| Type: | Package |
| Title: | Fast Functions for Prime Numbers |
| Version: | 1.6.1 |
| Date: | 2025-01-28 |
| Description: | Fast functions for dealing with prime numbers, such as testing whether a number is prime and generating a sequence prime numbers. Additional functions include finding prime factors and Ruth-Aaron pairs, finding next and previous prime numbers in the series, finding or estimating the nth prime, estimating the number of primes less than or equal to an arbitrary number, computing primorials, prime k-tuples (e.g., twin primes), finding the greatest common divisor and smallest (least) common multiple, testing whether two numbers are coprime, and computing Euler's totient function. Most functions are vectorized for speed and convenience. |
| License: | MIT + file LICENSE |
| Depends: | R (≥ 4.0) |
| Imports: | Rcpp |
| LinkingTo: | Rcpp |
| Suggests: | testthat |
| URL: | https://github.com/ironholds/primes |
| BugReports: | https://github.com/ironholds/primes/issues |
| RoxygenNote: | 7.2.3 |
| Encoding: | UTF-8 |
| LazyData: | true |
| NeedsCompilation: | yes |
| Packaged: | 2025-02-04 04:18:09 UTC; pablo |
| Author: | Os Keyes [aut],
Paul Egeler  [aut,
cre] |
| Maintainer: | Paul Egeler <paulegeler@gmail.com> |
| Repository: | CRAN |
| Date/Publication: | 2025-02-04 08:10:02 UTC |
Find the Greatest Common Divisor, Smallest Common Multiple, or Coprimality
Description
These functions provide vectorized computations for the greatest common
divisor (gcd), smallest common multiple (scm), and coprimality. Coprime
numbers are also called mutually prime or relatively prime numbers.

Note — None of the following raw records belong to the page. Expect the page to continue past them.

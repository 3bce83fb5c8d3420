-- ===== src/Raft/Core/Propose.antt =====
-- The proposals (raft_core_append.cpp, `propose`, `propose_batch` and their callers) only grow the log.
use adviskv.Base.{ℕ, List, [], ◌∷◌, Bool-cases, Option-cases, inl, inr}
use adviskv.Model.{
  ReplicaId, PeerMember, ProposeParam, propose_promote_voter, fail, replica_id_eq, peer_eq,
}
use adviskv.Raft.Log.{last_log_index}
use adviskv.Raft.Log.Shape.{IsValid}
use adviskv.Raft.Membership.{contains_member, learners}
use adviskv.Raft.Replication.{match_index_at_least}
use adviskv.Raft.Message.{RaftEffects}
use adviskv.Raft.Core.{RaftCore, ensure_writable_leader, first_unapplied_config_entry}
use adviskv.Raft.Core.Append.{
  append_new_entry, validate_proposal, replicate, propose, append_valid, propose_batch,
  promote_first_ready, maybe_promote_ready_learner, ensure_add_learner, ensure_remove_member,
}
use adviskv.Raft.Core.Frame.{replicate-Quiet}
use adviskv.Raft.Core.Grow.{Grows, Grows-refl, Grows-trans, Quiet-Grows, append_new_entry-Grows}

-- Of a step that returns the core and the effects first.
abbrev pub GrowsTo : RaftCore → RaftEffects → RaftCore × RaftEffects → Type 0
GrowsTo c fx (c', fx') = Grows c fx c' fx'

grow_and_replicate :
    (c : RaftCore) (param : ProposeParam) (fx : RaftEffects)
    → IsValid c.raft_log
    → let (c1, fx1, _) = append_new_entry c param fx in GrowsTo c fx (replicate c1 fx1)
grow_and_replicate c param fx v =
    let (c1, fx1, _) = append_new_entry c param fx in
    let g = append_new_entry-Grows c param fx v in
    Grows-trans g (Quiet-Grows g.valid (replicate-Quiet c1 fx1))

-- On a well-formed log, a proposal, refused or not, only adds entries of the current term at the end of
-- the log, hands over exactly these to be stored, and leaves the election, the membership and the
-- applied index.
pub propose-Grows :
    (c : RaftCore) (param : ProposeParam) (fx : RaftEffects)
    → IsValid c.raft_log
    → let (c', fx', _, _) = propose c param fx in Grows c fx c' fx'
unfolding propose
propose-Grows c param fx v = elim (Bool-cases (fail (ensure_writable_leader c))) [
  | inl refused ↦ rw refused (Grows-refl c fx v)
  | inr leader ↦ elim (Bool-cases (fail (validate_proposal param))) [
    | inl invalid ↦ rw (leader, invalid) (Grows-refl c fx v)
    | inr valid ↦ rw (leader, valid) (grow_and_replicate c param fx v)
  ]
]

append_valid-Grows :
    (c : RaftCore) (params : List ProposeParam) (fx : RaftEffects)
    → IsValid c.raft_log
    → let (c', fx', _, _) = append_valid c params fx in Grows c fx c' fx'
unfolding append_valid
append_valid-Grows c [] fx v = Grows-refl c fx v
append_valid-Grows c (param ∷ params) fx v = elim (Bool-cases (fail (validate_proposal param))) [
  | inl invalid ↦ rw (invalid, append_valid) (append_valid-Grows c params fx v)
  | inr valid ↦
      let (c1, fx1, _) = append_new_entry c param fx in
      let g = append_new_entry-Grows c param fx v in
      rw (valid, append_valid) (Grows-trans g (append_valid-Grows c1 params fx1 g.valid))
]

-- On a well-formed log, a batch of proposals, some of which may be refused, only adds entries of the
-- current term at the end of the log, hands over exactly these to be stored, and leaves the election,
-- the membership and the applied index.
pub propose_batch-Grows :
    (c : RaftCore) (params : List ProposeParam) (fx : RaftEffects)
    → IsValid c.raft_log
    → let (c', fx', _) = propose_batch c params fx in Grows c fx c' fx'
unfolding propose_batch
propose_batch-Grows c [] fx v = Grows-refl c fx v
propose_batch-Grows c (p ∷ ps) fx v = elim (Bool-cases (fail (ensure_writable_leader c))) [
  | inl refused ↦ rw refused (Grows-refl c fx v)
  | inr leader ↦
      let (c1, fx1, results, appended) = append_valid c (p ∷ ps) fx in
      let g = append_valid-Grows c (p ∷ ps) fx v in
      rw leader (elim (Bool-cases appended) [
        | inl some_new ↦ rw some_new (Grows-trans g (Quiet-Grows g.valid (replicate-Quiet c1 fx1)))
        | inr nothing ↦ rw nothing g
      ])
]

promote_first_ready-Grows :
    (target : ℕ) (ps : List PeerMember) (c : RaftCore) (fx : RaftEffects)
    → IsValid c.raft_log
    → GrowsTo c fx (promote_first_ready target ps c fx)
unfolding promote_first_ready
promote_first_ready-Grows target [] c fx v = Grows-refl c fx v
promote_first_ready-Grows target (p ∷ ps) c fx v =
    elim (Bool-cases (match_index_at_least c.replication p.replica_id target)) [
      | inl ready ↦
          rw (ready, promote_first_ready)
            (propose-Grows c (propose_promote_voter p.replica_id) fx v)
      | inr behind ↦ rw (behind, promote_first_ready) (promote_first_ready-Grows target ps c fx v)
    ]

pub maybe_promote-Grows :
    (c : RaftCore) (fx : RaftEffects)
    → IsValid c.raft_log
    → GrowsTo c fx (maybe_promote_ready_learner c fx)
unfolding maybe_promote_ready_learner
maybe_promote-Grows c fx v = elim (Bool-cases (fail (ensure_writable_leader c))) [
  | inl refused ↦ rw refused (Grows-refl c fx v)
  | inr leader ↦ elim (Option-cases (first_unapplied_config_entry c)) [
    | inl free ↦
        rw (leader, free, maybe_promote_ready_learner)
          (promote_first_ready-Grows (last_log_index c.raft_log) (learners c.membership) c fx v)
    | inr (e, busy) ↦ rw (leader, busy, maybe_promote_ready_learner) (Grows-refl c fx v)
  ]
]

pub ensure_add_learner-Grows :
    (c : RaftCore) (peer : PeerMember) (fx : RaftEffects)
    → IsValid c.raft_log
    → let (c', fx', _) = ensure_add_learner c peer fx in Grows c fx c' fx'
unfolding ensure_add_learner
ensure_add_learner-Grows c peer fx v = elim (Bool-cases (fail (ensure_writable_leader c))) [
  | inl refused ↦ rw refused (Grows-refl c fx v)
  | inr leader ↦ elim (Bool-cases (contains_member c.membership peer.replica_id)) [
    | inl known ↦ rw (leader, known) (Grows-refl c fx v)
    | inr new ↦ elim (Option-cases (first_unapplied_config_entry c)) [
      | inl free ↦ rw (leader, new, free, ensure_add_learner) (propose-Grows c _ fx v)
      | inr (e, busy) ↦ rw (leader, new, busy, ensure_add_learner) (Grows-refl c fx v)
    ]
  ]
]

pub ensure_remove_member-Grows :
    (c : RaftCore) (id : ReplicaId) (fx : RaftEffects)
    → IsValid c.raft_log
    → let (c', fx', _) = ensure_remove_member c id fx in Grows c fx c' fx'
unfolding ensure_remove_member
ensure_remove_member-Grows c id fx v = elim (Bool-cases (fail (ensure_writable_leader c))) [
  | inl refused ↦ rw refused (Grows-refl c fx v)
  | inr leader ↦ elim (Bool-cases (contains_member c.membership id)) [
    | inl known ↦ elim (Option-cases (first_unapplied_config_entry c)) [
      | inl free ↦ rw (leader, known, free, ensure_remove_member) (propose-Grows c _ fx v)
      | inr (e, busy) ↦ rw (leader, known, busy, ensure_remove_member) (Grows-refl c fx v)
    ]
    | inr gone ↦ rw (leader, gone) (Grows-refl c fx v)
  ]
]
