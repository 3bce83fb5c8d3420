-- ===== src/Raft/Core/Sound.antt =====
-- What every step of the core guarantees towards the step's start (raft_core*.cpp): the votes are
-- kept, and the effects ask for exactly what has to be stored.
use mathlib.Core.List.{append-nil, append_assoc}
use adviskv.Base.{
  ℕ, ◌≡◌, ◌≤◌, ◌<◌, refl, ap, ◌∙◌, sym, ◌⊎◌, inl, inr, none, some, List, [], ◌++◌, or_default, eqb,
  Bool-cases, arith,
}
use adviskv.Model.{LogEntry}
use adviskv.Raft.Log.Shape.{IsValid}
use adviskv.Raft.Election.{RaftElection, RaftMeta, hard_state}
use adviskv.Raft.Message.{RaftEffects, no_effects}
use adviskv.Raft.Core.{RaftCore, current_term, become_follower}
use adviskv.Raft.Core.Grow.{Grows}

-- The term only grows, and within a term a vote once given stands.
abbrev pub VoteStable : RaftElection → RaftElection → Type 0
VoteStable a b =
    (a.current_term < b.current_term)
    ⊎ (a.current_term ≡ b.current_term) × ((a.voted_for ≡ none) ⊎ (b.voted_for ≡ a.voted_for))

pub VoteStable-refl : (a : RaftElection) → VoteStable a a
VoteStable-refl a = inr (refl, inr refl)

pub VoteStable-trans : (a b d : RaftElection) → VoteStable a b → VoteStable b d → VoteStable a d
VoteStable-trans a b d h k = ground arith

-- The stored term and vote, and the stored entries, once the effects have been executed.
abbrev pub stored_meta : RaftMeta → RaftEffects → RaftMeta
stored_meta m fx = or_default m fx.hard_state

abbrev pub stored_entries : List LogEntry → RaftEffects → List LogEntry
stored_entries es fx = elim fx.entries_to_rewrite [
  | none ↦ es ++ fx.entries_to_append
  | some new ↦ new
]

pub record Sound (start c : RaftCore) (fx : RaftEffects) : Type 0 where
  pub votes : VoteStable start.election c.election
  pub meta : stored_meta (hard_state start.election) fx ≡ hard_state c.election
  pub entries : stored_entries start.raft_log.log_entries fx ≡ c.raft_log.log_entries
  pub exclusive : (fx.entries_to_rewrite ≡ none) ⊎ (fx.entries_to_append ≡ [])
  pub valid : IsValid c.raft_log

pub Sound-start : (c : RaftCore) → IsValid c.raft_log → Sound c c no_effects
Sound-start c v = record {
  votes = VoteStable-refl c.election;
  meta = refl;
  entries = append-nil c.raft_log.log_entries;
  exclusive = inl refl;
  valid = v;
}

-- Nothing but the election, the effects on the meta and parts that are not stored change.
pub Sound-elect :
    {start c c' : RaftCore} {fx fx' : RaftEffects}
    → Sound start c fx
    → VoteStable c.election c'.election
    → stored_meta (hard_state start.election) fx' ≡ hard_state c'.election
    → c'.raft_log ≡ c.raft_log
    → fx'.entries_to_append ≡ fx.entries_to_append
    → fx'.entries_to_rewrite ≡ fx.entries_to_rewrite
    → Sound start c' fx'
Sound-elect {start} {c} {c'} {fx} s stable meta same_log appended rewritten = record {
  votes = VoteStable-trans start.election c.election c'.election s.votes stable;
  meta = meta;
  entries = rw (same_log, appended, rewritten) s.entries;
  exclusive = rw (appended, rewritten) s.exclusive;
  valid = rw same_log s.valid;
}

pub Sound-Grows :
    {start c c' : RaftCore} {fx fx' : RaftEffects}
    → Sound start c fx
    → fx.entries_to_rewrite ≡ none
    → Grows c fx c' fx'
    → Sound start c' fx'
Sound-Grows {start} {c} {c'} {fx} {fx'} s no_rewrite g = record {
  votes = rw g.election s.votes;
  meta = rw (g.hard_state, g.election) s.meta;
  entries =
      rw (g.rewritten ∙ no_rewrite, g.appended)
        (sym (append_assoc start.raft_log.log_entries fx.entries_to_append g.added)
          ∙ ap (λ es. es ++ g.added) (rw no_rewrite at s.entries)
          ∙ sym g.entries);
  exclusive = inl (g.rewritten ∙ no_rewrite);
  valid = g.valid;
}

pub become_follower-Sound :
    {start c : RaftCore} {fx : RaftEffects} (term : ℕ)
    → Sound start c fx
    → current_term c ≤ term
    → let (c', fx') = become_follower c term fx in Sound start c' fx'
unfolding become_follower
become_follower-Sound {start} {c} {fx} term s h =
    elim (Bool-cases (eqb term c.election.current_term)) [
      | inl same ↦ rw same (Sound-elect s (inr (refl, inr refl)) s.meta refl refl refl)
      | inr later ↦ rw later (Sound-elect s (inl (ground arith)) refl refl refl refl)
    ]
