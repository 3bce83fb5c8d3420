-- ===== src/Raft/Core/Ballot.antt =====
-- Ticks, votes and changes of roles (raft_core_election.cpp) keep to what a step guarantees.
use adviskv.Base.{
  ◌≡◌, refl, Bool, true, false, inl, inr, none, List, [], ◌∷◌, ◌==◌, if◌then◌else◌, Bool-cases,
  arith,
}
use adviskv.Model.{PeerMember, noop, fail, replica_id_eq}
use adviskv.Raft.Election
use adviskv.Raft.Election.{
  RaftElection, hard_state, is_leader, is_candidate, is_pre_candidate, granted_vote_count,
  pre_vote_granted_count, grant_vote_to, record_vote_granted_from, record_pre_vote_granted_from,
}
use adviskv.Raft.Membership.{is_voter, has_quorum, voters}
use adviskv.Raft.Message.{RaftEffects}
use adviskv.Tick.{tick}
use adviskv.Raft.Core.{RaftCore, ensure_ready}
use adviskv.Raft.Core.Append.{
  append_new_entry, broadcast_append_entries, try_update_commit_index, maybe_promote_ready_learner,
}
use adviskv.Raft.Core.Vote.{
  become_leader, become_candidate, become_pre_candidate, send_request_votes, send_pre_votes,
  tick_core,
}
use adviskv.Raft.Core.Frame.{SameStored, SameStored-refl, broadcast-Quiet, try_update-Quiet}
use adviskv.Raft.Core.Grow.{Quiet-Grows, Grows-trans, append_new_entry-Grows}
use adviskv.Raft.Core.Propose.{maybe_promote-Grows}
use adviskv.Raft.Core.Sound.{Sound, Sound-elect, Sound-Grows}

-- Of a step that returns the core and the effects.
abbrev pub SoundTo : RaftCore → RaftCore × RaftEffects → Type 0
SoundTo start (c, fx) = Sound start c fx

module _ {start c : RaftCore} {fx : RaftEffects} (s : Sound start c fx) where
  lead :
      fx.entries_to_rewrite ≡ none
      → let (c1, fx1, _) = append_new_entry c noop fx in
        let (c2, fx2) = broadcast_append_entries c1 fx1 in
        SoundTo start
          (if has_quorum c2.membership 1 then try_update_commit_index c2 fx2 else (c2, fx2))
  lead free =
      let (c1, fx1, _) = append_new_entry c noop fx in
      let (c2, fx2) = broadcast_append_entries c1 fx1 in
      let g = append_new_entry-Grows c noop fx s.valid in
      let g2 = Grows-trans g (Quiet-Grows g.valid (broadcast-Quiet c1 fx1)) in
      elim (Bool-cases (has_quorum c2.membership 1)) [
        | inl alone ↦
            rw alone
              (Sound-Grows s free (Grows-trans g2 (Quiet-Grows g2.valid (try_update-Quiet c2 fx2))))
        | inr more ↦ rw more (Sound-Grows s free g2)
      ]

pub become_leader-Sound :
    {start c : RaftCore} {fx : RaftEffects}
    → Sound start c fx
    → fx.entries_to_rewrite ≡ none
    → SoundTo start (become_leader c fx)
unfolding become_leader Election.become_leader
become_leader-Sound {start} {c} {fx} s free = elim (Bool-cases (fail (ensure_ready c))) [
  | inl down ↦ rw down s
  | inr ready ↦ elim (Bool-cases (is_voter c.membership c.self_id)) [
    | inl votes ↦
        rw (ready, votes) (lead (Sound-elect s (inr (refl, inr refl)) s.meta refl refl refl) free)
    | inr learns ↦ rw (ready, learns) s
  ]
]

pub send_request_votes-SameStored :
    (c : RaftCore) (ps : List PeerMember) (fx : RaftEffects)
    → SameStored fx (send_request_votes c ps fx)
unfolding send_request_votes
send_request_votes-SameStored c [] fx = SameStored-refl fx
send_request_votes-SameStored c (p ∷ ps) fx = elim (Bool-cases (p.replica_id == c.self_id)) [
  | inl me ↦ rw me (send_request_votes-SameStored c ps fx)
  | inr other ↦ rw other (
      let rest = send_request_votes-SameStored c ps _ in
      record { hard_state = rest.hard_state; appended = rest.appended; rewritten = rest.rewritten })
]

pub send_pre_votes-SameStored :
    (c : RaftCore) (ps : List PeerMember) (fx : RaftEffects)
    → SameStored fx (send_pre_votes c ps fx)
unfolding send_pre_votes
send_pre_votes-SameStored c [] fx = SameStored-refl fx
send_pre_votes-SameStored c (p ∷ ps) fx = elim (Bool-cases (p.replica_id == c.self_id)) [
  | inl me ↦ rw me (send_pre_votes-SameStored c ps fx)
  | inr other ↦ rw other (
      let rest = send_pre_votes-SameStored c ps _ in
      record { hard_state = rest.hard_state; appended = rest.appended; rewritten = rest.rewritten })
]

Sound-stored :
    {start c : RaftCore} {fx fx' : RaftEffects}
    → Sound start c fx
    → SameStored fx fx'
    → Sound start c fx'
Sound-stored {start} {c} s same =
    Sound-elect s (inr (refl, inr refl)) (rw same.hard_state s.meta) refl same.appended
      same.rewritten

pub become_candidate-Sound :
    {start c : RaftCore} {fx : RaftEffects}
    → Sound start c fx
    → fx.entries_to_rewrite ≡ none
    → SoundTo start (become_candidate c fx)
unfolding become_candidate
become_candidate-Sound {start} {c} {fx} s free = elim (Bool-cases (fail (ensure_ready c))) [
  | inl down ↦ rw down s
  | inr ready ↦ elim (Bool-cases (is_voter c.membership c.self_id)) [
    | inl votes ↦
        rw (ready, votes)
          (elim (Bool-cases (has_quorum c.membership 1)) [
            | inl alone ↦
                rw alone
                  (become_leader-Sound (Sound-elect s (inl (omega arith)) refl refl refl refl) free)
            | inr more ↦ rw more (
                Sound-stored (Sound-elect s (inl (omega arith)) refl refl refl refl)
                  (send_request_votes-SameStored _ (voters c.membership) _))
          ])
    | inr learns ↦ rw (ready, learns) s
  ]
]

pub become_pre_candidate-Sound :
    {start c : RaftCore} {fx : RaftEffects}
    → Sound start c fx
    → fx.entries_to_rewrite ≡ none
    → SoundTo start (become_pre_candidate c fx)
unfolding become_pre_candidate
become_pre_candidate-Sound {start} {c} {fx} s free = elim (Bool-cases (fail (ensure_ready c))) [
  | inl down ↦ rw down s
  | inr ready ↦ elim (Bool-cases (is_voter c.membership c.self_id)) [
    | inl votes ↦ elim (Bool-cases (is_leader c.election)) [
      | inl leads ↦ rw (ready, votes, leads) s
      | inr stands ↦
          rw (ready, votes, stands)
            (elim (Bool-cases (has_quorum c.membership 1)) [
              | inl alone ↦ rw alone (
                  become_candidate-Sound
                    (Sound-elect s (inr (refl, inr refl)) s.meta refl refl refl) free)
              | inr more ↦ rw more (
                  Sound-stored (Sound-elect s (inr (refl, inr refl)) s.meta refl refl refl)
                    (send_pre_votes-SameStored _ (voters c.membership) _))
            ])
    ]
    | inr learns ↦ rw (ready, learns) s
  ]
]

tick_leader-Sound :
    {start c : RaftCore} {fx : RaftEffects} (fired : Bool)
    → Sound start c fx
    → fx.entries_to_rewrite ≡ none
    → let (c', fx') = if fired then broadcast_append_entries c fx else (c, fx) in
      SoundTo start (maybe_promote_ready_learner c' fx')
tick_leader-Sound {start} {c} {fx} true s free =
    let (c', fx') = broadcast_append_entries c fx in
    let g = Quiet-Grows s.valid (broadcast-Quiet c fx) in
    Sound-Grows s free (Grows-trans g (maybe_promote-Grows c' fx' g.valid))
tick_leader-Sound {start} {c} {fx} false s free =
    Sound-Grows s free (maybe_promote-Grows c fx s.valid)

tick_other-Sound :
    {start c : RaftCore} {fx : RaftEffects} (fired : Bool)
    → Sound start c fx
    → fx.entries_to_rewrite ≡ none
    → SoundTo start (if fired then become_pre_candidate c fx else (c, fx))
tick_other-Sound true s free = become_pre_candidate-Sound s free
tick_other-Sound false s free = s

pub tick-Sound :
    {start c : RaftCore} {fx : RaftEffects}
    → Sound start c fx
    → fx.entries_to_rewrite ≡ none
    → SoundTo start (tick_core c fx)
unfolding tick_core
tick-Sound {start} {c} {fx} s free = elim (Bool-cases (fail (ensure_ready c))) [
  | inl down ↦ rw down s
  | inr ready ↦ elim (Bool-cases (is_leader c.election)) [
    | inl leads ↦
        rw (ready, leads)
          (tick_leader-Sound (tick c.heartbeat_tick_trigger).1
            (Sound-elect s (inr (refl, inr refl)) s.meta refl refl refl) free)
    | inr follows ↦
        rw (ready, follows)
          (tick_other-Sound (tick c.election_tick_trigger).1
            (Sound-elect s (inr (refl, inr refl)) s.meta refl refl refl) free)
  ]
]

The smallest common multiple is often called the least common multiple.
Usage
gcd(m, n)
scm(m, n)
coprime(m, n)
Rgcd(...)
Rscm(...)
Arguments
m, n, ... |
integer vectors. |
Details
The greatest common divisor uses Euclid's algorithm, a fast and widely
used method. The smallest common multiple and coprimality are computed using
the gcd, where scm = \frac{a}{gcd(a, b)} \times b
and two numbers are coprime when gcd = 1.
The gcd, scm, and coprime functions perform element-wise computation.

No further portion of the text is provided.